I have a friend who has Carnys, and he wishes to switch to 3 banded italians after viewing my hives. Cardovans and Carnys did do well, but not as good as the Italians in the area I keep at.

Hope this helps
DigDan


----------



## Jerry Kinder (Jan 16, 2009)

I asked a similar question a while back and one of the guys running bees west of Lancaster suggested Italians as well. He also said just about any of the bees will work as long as you have a good water source within a few hundred yard or so and not over a mile away. I was up above your area along the pacific crest trail walking around Big Bear this weekend and noticed some Italian looking bees working the wild flowers way up there so I guess they should ok down on your side of the hills. :thumbsup:

If you want to save a buck, I ran into a wild hive just above and to the left of the old Verdi Antique mine in Stoddard Valley. They were mean and defended their hive quickly chasing us out of the area, but if you want a desert toughened hive that is use to the local issues, this one would be it if the colony is still there. Only problem is that it’s pugnacious character would indicate they have the AHB gene. 
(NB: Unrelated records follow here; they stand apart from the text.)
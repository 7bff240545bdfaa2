-- ===== src/Sync/ReadOnly.antt =====
-- src/sync/sync.cpp: `is_read_only`.
use llama_cli.Base.Words.{getlines, drop_while, take_while, any, is_one_of}
use llama_cli.Base.{ℕ, Bool, true, not, ◌&&◌, ◌||◌, List, [], ◌∷◌, ◌==◌, Text, codes, is_empty}

abbrev pub read_only_commands : List Text
read_only_commands =
    codes "cat"
    ∷ codes "ls"
    ∷ codes "find"
    ∷ codes "grep"
    ∷ codes "head"
    ∷ codes "tail"
    ∷ codes "wc"
    ∷ codes "stat"
    ∷ codes "tree"
    ∷ codes "du"
    ∷ codes "df"
    ∷ codes "file"
    ∷ codes "diff"
    ∷ codes "sort"
    ∷ codes "uniq"
    ∷ codes "awk"
    ∷ codes "sed"
    ∷ codes "less"
    ∷ codes "more"
    ∷ codes "realpath"
    ∷ codes "dirname"
    ∷ codes "basename"
    ∷ []

abbrev pub is_blank : ℕ → Bool
is_blank c = c == b' ' || c == b'\t'

-- a segment of a pipeline is all blank, or its first word is a safe command
unfoldable pub is_safe_segment : Text → Bool
is_safe_segment segment =
    let words = drop_while is_blank segment in
    is_empty words || is_one_of read_only_commands (take_while (λ c. not (is_blank c)) words)

unfoldable pub all_safe : List Text → Bool
all_safe [] = true
all_safe (segment ∷ segments) = is_safe_segment segment && all_safe segments

unfoldable pub is_read_only : Text → Bool
is_read_only cmd = not (any (λ c. c == b'>') cmd) && all_safe (getlines b'|' cmd)
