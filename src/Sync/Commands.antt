-- ===== src/Sync/Commands.antt =====
-- What `is_read_only` looks at: the first word of each segment of a pipeline, and no more.
use llama_cli.Base.Words.{getlines, getlines_from, drop_while, take_while, any, is_one_of}
use llama_cli.Sync.ReadOnly.{read_only_commands, is_blank, is_safe_segment, all_safe, is_read_only}
use llama_cli.Base.{
  ℕ, ◌≡◌, refl, ◌∙◌, ◌≢◌, Bool, true, false, not, ◌&&◌, ◌||◌, [], ◌∷◌, ◌++◌, append-nil,
  append_assoc, arith, ◌==◌, if◌then◌else◌, ne→beq, All, All-append, Text, is_empty, Lacks,
}

any-append : (p : ℕ → Bool) (s t : Text) → any p (s ++ t) ≡ (any p s || any p t)
unfolding any
any-append p [] t = refl
any-append p (c ∷ s) t = ground (arith, any-append p s t)

all_safe-pipe :
    (a b line : Text)
    → all_safe (getlines_from b'|' (a ++ b'|' ∷ b) line)
      ≡ (all_safe (getlines_from b'|' a line) && all_safe (getlines_from b'|' b []))
unfolding getlines_from all_safe
all_safe-pipe [] b [] = unfold is_safe_segment drop_while in refl
all_safe-pipe [] b (x ∷ line) = ground arith
all_safe-pipe (c ∷ a) b line =
    ground (arith, all_safe-pipe a b [], all_safe-pipe a b (line ++ c ∷ []))

-- A pipeline is read-only exactly if both of its sides are.
pub is_read_only-pipe :
    (a b : Text) → is_read_only (a ++ b'|' ∷ b) ≡ (is_read_only a && is_read_only b)
unfolding is_read_only getlines any
is_read_only-pipe a b =
    ground (arith, any-append (λ c. c == b'>') a (b'|' ∷ b), all_safe-pipe a b [])

getlines-Lacks :
    (s line : Text)
    → Lacks b'|' s
    → getlines_from b'|' s line ≡ (if is_empty (line ++ s) then [] else (line ++ s) ∷ [])
unfolding getlines_from
getlines-Lacks [] line h = rw append-nil
getlines-Lacks (c ∷ s) line (hc, h) =
    rw (ne→beq c b'|' hc, getlines_from) (getlines-Lacks s (line ++ c ∷ []) h ∙ rw append_assoc)

any-Lacks : (b : ℕ) (s : Text) → Lacks b s → any (λ c. c == b) s ≡ false
unfolding any
any-Lacks b [] h = refl
any-Lacks b (c ∷ s) (hc, h) = rw (ne→beq c b hc, any-Lacks b s h)

take_while-word :
    (w rest : Text)
    → All (λ c. is_blank c ≡ false) w
    → take_while (λ c. not (is_blank c)) (w ++ b' ' ∷ rest) ≡ w
unfolding take_while
take_while-word [] rest h = refl
take_while-word (c ∷ w) rest (hc, h) = rw (hc, take_while-word w rest h)

safe_word :
    (c : ℕ) (w arguments : Text)
    → is_one_of read_only_commands (c ∷ w) ≡ true
    → All (λ x. is_blank x ≡ false) (c ∷ w)
    → is_safe_segment ((c ∷ w) ++ b' ' ∷ arguments) ≡ true
unfolding is_safe_segment
safe_word c w arguments listed word =
    let start : drop_while is_blank ((c ∷ w) ++ b' ' ∷ arguments) ≡ (c ∷ w) ++ b' ' ∷ arguments =
      unfold drop_while in rw (word.0) in
    rw (start, take_while-word (c ∷ w) arguments word, listed)

-- The arguments of a command of the list are not looked at: whatever they are, a `;`, a `$(…)` or a
-- flag that deletes files among them, the command passes for read-only, as long as they hold no `>`
-- and no `|`.
pub is_read_only_any_arguments :
    (c : ℕ) (w arguments : Text)
    → is_one_of read_only_commands (c ∷ w) ≡ true
    → All (λ x. is_blank x ≡ false) (c ∷ w)
    → Lacks b'>' (c ∷ w)
    → Lacks b'|' (c ∷ w)
    → Lacks b'>' arguments
    → Lacks b'|' arguments
    → is_read_only ((c ∷ w) ++ b' ' ∷ arguments) ≡ true
unfolding is_read_only getlines all_safe
is_read_only_any_arguments c w arguments listed word no_gt no_bar no_gt' no_bar' =
    rw
      (
        any-Lacks b'>' ((c ∷ w) ++ b' ' ∷ arguments)
            (All-append (λ x. x ≢ b'>') (c ∷ w) (b' ' ∷ arguments) no_gt (omega arith, no_gt')),
        getlines-Lacks ((c ∷ w) ++ b' ' ∷ arguments) []
            (All-append (λ x. x ≢ b'|') (c ∷ w) (b' ' ∷ arguments) no_bar (omega arith, no_bar')),
      )
      (rw (safe_word c w arguments listed word))
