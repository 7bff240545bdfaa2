-- ===== src/Sync/Editing.antt =====
-- The laws of the three edits of a file.
use llama_cli.Base.Int.{ℤ, pos, negsuc}
use llama_cli.Base.Words.{getlines, getlines_from}
use llama_cli.Json.Numbers.{max_int}
use llama_cli.Base.Search.{find_first}
use llama_cli.Sync.Lines.{replace_first, clamp_index, insert_line, erase_line, unlines}
use llama_cli.Base.{
  ℕ, zero, suc, ◌≤◌, ◌<◌, ◌≡◌, refl, ap, ◌∙◌, ◌≢◌, true, false, some, List, [], ◌∷◌, ◌++◌,
  append-nil, append_assoc, arith, lt→ltb, le→not_ltb, ne→beq, length, get_elem?, take, drop,
  take-append-drop, drop-length-append, take-length-append, drop-drop, All, All-append, Text,
  text_eq, text_eq_iff, find, Lacks,
}

-- The first occurrence is replaced, and nothing else changes.
replace_first_here :
    (pre old_str post new_str : Text)
    → find old_str (pre ++ old_str) ≡ some (length pre)
    → replace_first (pre ++ (old_str ++ post)) old_str new_str ≡ some (pre ++ (new_str ++ post))
unfolding replace_first
replace_first_here pre old_str post new_str first =
    rw (find_first old_str pre post first, replace_first)
      (rw (take-length-append pre (old_str ++ post)) (
        rw (← drop-drop (length old_str) (length pre) (pre ++ (old_str ++ post)))
          (rw (drop-length-append pre (old_str ++ post), drop-length-append old_str post))))

clamp_index-le : (n : ℤ) (size : ℕ) → clamp_index n size ≤ size
unfolding clamp_index
clamp_index-le n size = ground arith

-- a list of texts without this one
abbrev pub LacksLine : Text → List Text → Type 0
LacksLine content = All (λ line. line ≢ content)

text_eq_refl : (s : Text) → text_eq s s ≡ true
text_eq_refl s = (text_eq_iff s s).1 refl

text_eq_ne : (s t : Text) → s ≢ t → text_eq s t ≡ false
text_eq_ne s t h = ground (arith, text_eq_iff s t)

erase_line-append :
    (front lines : List Text) (content : Text)
    → LacksLine content front
    → erase_line (front ++ content ∷ lines) content ≡ some (front ++ lines)
unfolding erase_line
erase_line-append [] lines content h = rw (text_eq_refl content, erase_line)
erase_line-append (line ∷ front) lines content (hl, h) =
    rw (text_eq_ne line content hl, erase_line) (rw (erase_line-append front lines content h))

All-take {ℓ κ} : {A : Type ℓ} (P : A → Type κ) (n : ℕ) (xs : List A) → All P xs → All P (take n xs)
All-take P zero xs h = tt
All-take P (suc n) [] h = tt
All-take P (suc n) (x ∷ xs) (hx, h) = (hx, All-take P n xs h)

All-drop {ℓ κ} : {A : Type ℓ} (P : A → Type κ) (n : ℕ) (xs : List A) → All P xs → All P (drop n xs)
All-drop P zero xs h = h
All-drop P (suc n) [] h = tt
All-drop P (suc n) (x ∷ xs) (hx, h) = All-drop P n xs h

erase-insert_line :
    (lines : List Text) (n : ℤ) (content : Text)
    → LacksLine content lines
    → erase_line (insert_line lines n content) content ≡ some lines
unfolding insert_line
erase-insert_line lines n content h =
    erase_line-append (take (clamp_index n (length lines)) lines)
      (drop (clamp_index n (length lines)) lines) content
      (All-take (λ line. line ≢ content) (clamp_index n (length lines)) lines h)
    ∙ ap some (take-append-drop (clamp_index n (length lines)) lines)

getlines_from-line :
    (line rest cur : Text)
    → Lacks b'\n' line
    → getlines_from b'\n' (line ++ (b'\n' ∷ rest)) cur ≡ (cur ++ line) ∷ getlines_from b'\n' rest []
unfolding getlines_from
getlines_from-line [] rest cur h = rw append-nil
getlines_from-line (c ∷ line) rest cur (hc, h) =
    rw (ne→beq c b'\n' hc, getlines_from)
      (getlines_from-line line rest (cur ++ c ∷ []) h ∙ rw append_assoc)

-- Lines that are written are read back, each as it was.
pub getlines-unlines :
    (lines : List Text) → All (Lacks b'\n') lines → getlines b'\n' (unlines lines) ≡ lines
unfolding getlines unlines
getlines-unlines [] h = unfold getlines_from in refl
getlines-unlines (line ∷ lines) (hl, h) =
    getlines_from-line line (unlines lines) [] hl ∙ ap (◌∷◌ line) (getlines-unlines lines h)

-- Deleting the line that was added, from the file as it was written back, leaves the lines that were
-- there: at any line number, out of range too, for a line that did not stand in the file before.
pub erase-add_line :
    (lines : List Text) (n : ℤ) (content : Text)
    → All (Lacks b'\n') lines
    → Lacks b'\n' content
    → LacksLine content lines
    → erase_line (getlines b'\n' (unlines (insert_line lines n content))) content ≡ some lines
unfolding insert_line
erase-add_line lines n content h hc new =
    let i = clamp_index n (length lines) in
    let kept : All (Lacks b'\n') (insert_line lines n content) =
      All-append (Lacks b'\n') (take i lines) (content ∷ drop i lines)
        (All-take (Lacks b'\n') i lines h) (hc, All-drop (Lacks b'\n') i lines h) in
    ap (λ ls. erase_line ls content) (getlines-unlines (insert_line lines n content) kept)
    ∙ erase-insert_line lines n content new

get_elem?-between {ℓ} :
    {A : Type ℓ} (k : ℕ) (xs : List A) (y : A)
    → k ≤ length xs
    → get_elem? (take k xs ++ y ∷ drop k xs) k ≡ some y
get_elem?-between zero xs y h = refl
get_elem?-between (suc k) [] y h = absurd (omega arith)
get_elem?-between (suc k) (x ∷ xs) y h = get_elem?-between k xs y (omega arith)

take_all {ℓ} : {A : Type ℓ} (xs : List A) → take (length xs) xs ≡ xs
take_all [] = refl
take_all (x ∷ xs) = ap (◌∷◌ x) (take_all xs)

drop_all {ℓ} : {A : Type ℓ} (xs : List A) → drop (length xs) xs ≡ []
drop_all [] = refl
drop_all (x ∷ xs) = drop_all xs

-- The line stands at its number, the first line has number 1, and a number out of range is moved to
-- the nearest end; but the least `int` stands for the end of the file, since its predecessor wraps
-- around. A file has less than 2 ^ 31 - 1 lines.
pub insert_line_position :
    (lines : List Text) (k : ℕ) (content : Text)
    → (k ≤ length lines → get_elem? (insert_line lines (pos (suc k)) content) k ≡ some content)
      × (length lines < k → insert_line lines (pos (suc k)) content ≡ lines ++ content ∷ [])
      × (insert_line lines (pos 0) content ≡ content ∷ lines)
      × (k < max_int → insert_line lines (negsuc k) content ≡ content ∷ lines)
      × (length lines < max_int
          → insert_line lines (negsuc max_int) content ≡ lines ++ content ∷ [])
unfolding insert_line clamp_index
insert_line_position lines k content = (
  λ h. rw (le→not_ltb (length lines) k h) (get_elem?-between k lines content h),
  λ h. rw (lt→ltb (length lines) k h, take_all lines, drop_all lines),
  refl,
  λ h. rw (ne→beq k max_int (λ e. absurd (omega (arith, e, h))), insert_line, clamp_index) refl,
  λ h. rw (lt→ltb (length lines) max_int h, take_all lines, drop_all lines),
)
Good luck with whatever you decide to get. I’m sure they will make it. 

Jerry


----------



## ccar2000 (Aug 9, 2009)

Thanks for the advice guys. It seems that many beekeepers just keep going back to recommending the Italians. I do not think I am brave enough to go get that "free" colony near Stoddard Wells though.


----------



## BEES4U (Oct 10, 2007)

California has some pretty diverse climates. I would caution you to get something very locally!

California happens to produce the major amount of quality mated queen bees in the U.S.A. and we are a leader in the use of the VSH mated queens.
There happens to be only two,2, major northern California queen breeders that ship into Canada!
*I contract grow the following grafted queens from breeder queens that I buy from Glenn Apiaries at $ 150.00 each!*
You will find that bees from good stock is very adaptable to local conditions.
I currently have these queens available as my breeder queens:
Cordovan
Minnesota Hygienic
VSH
Italian
Carniolan
Russian
I also sell quality 5 frame nucs .
I do not ship the nucs. You pick them up by appointment.

Regards,
Ernie


----------



## Ardilla (Jul 17, 2006)

I have had better luck with carniolans than italians. The italians tend to use all stores for raising brood. The carniolans are frugal enough to make a surplus most years. However, this year neither the carniolans nor the italians are making a surplus...

The desert I am in is higher (7000') and cooler so it may not apply to your conditions.


----------



## peacekeeperapiaries (Jun 23, 2009)

Pretty hot here in FL, I like my Russians. The queens I have purchased this year (Miksa Honey Farms) also came from a Russian Breeder Queen purchased from Glenn Apiaries.


----------



## ccar2000 (Aug 9, 2009)

Thanks again for the info, I am looking at purchasing a nuc of Italians with a 2009 queen. It looks like I will be set up and running right away. I have been getting a lot of good advice and am feeling confident.


----------



## arnaud (Aug 2, 2009)

Not in the high desert, but my bees are at 2952 ft. (yes, I checked with my GPS handheld  ) in the Mayacamas Mountains in Nothern California (north of Napa Valley). Pine trees and chaparral - thistle, buckwheat, etc. Temps in the summer frequently reach the high 90s and low 100s, and nights can be chilly.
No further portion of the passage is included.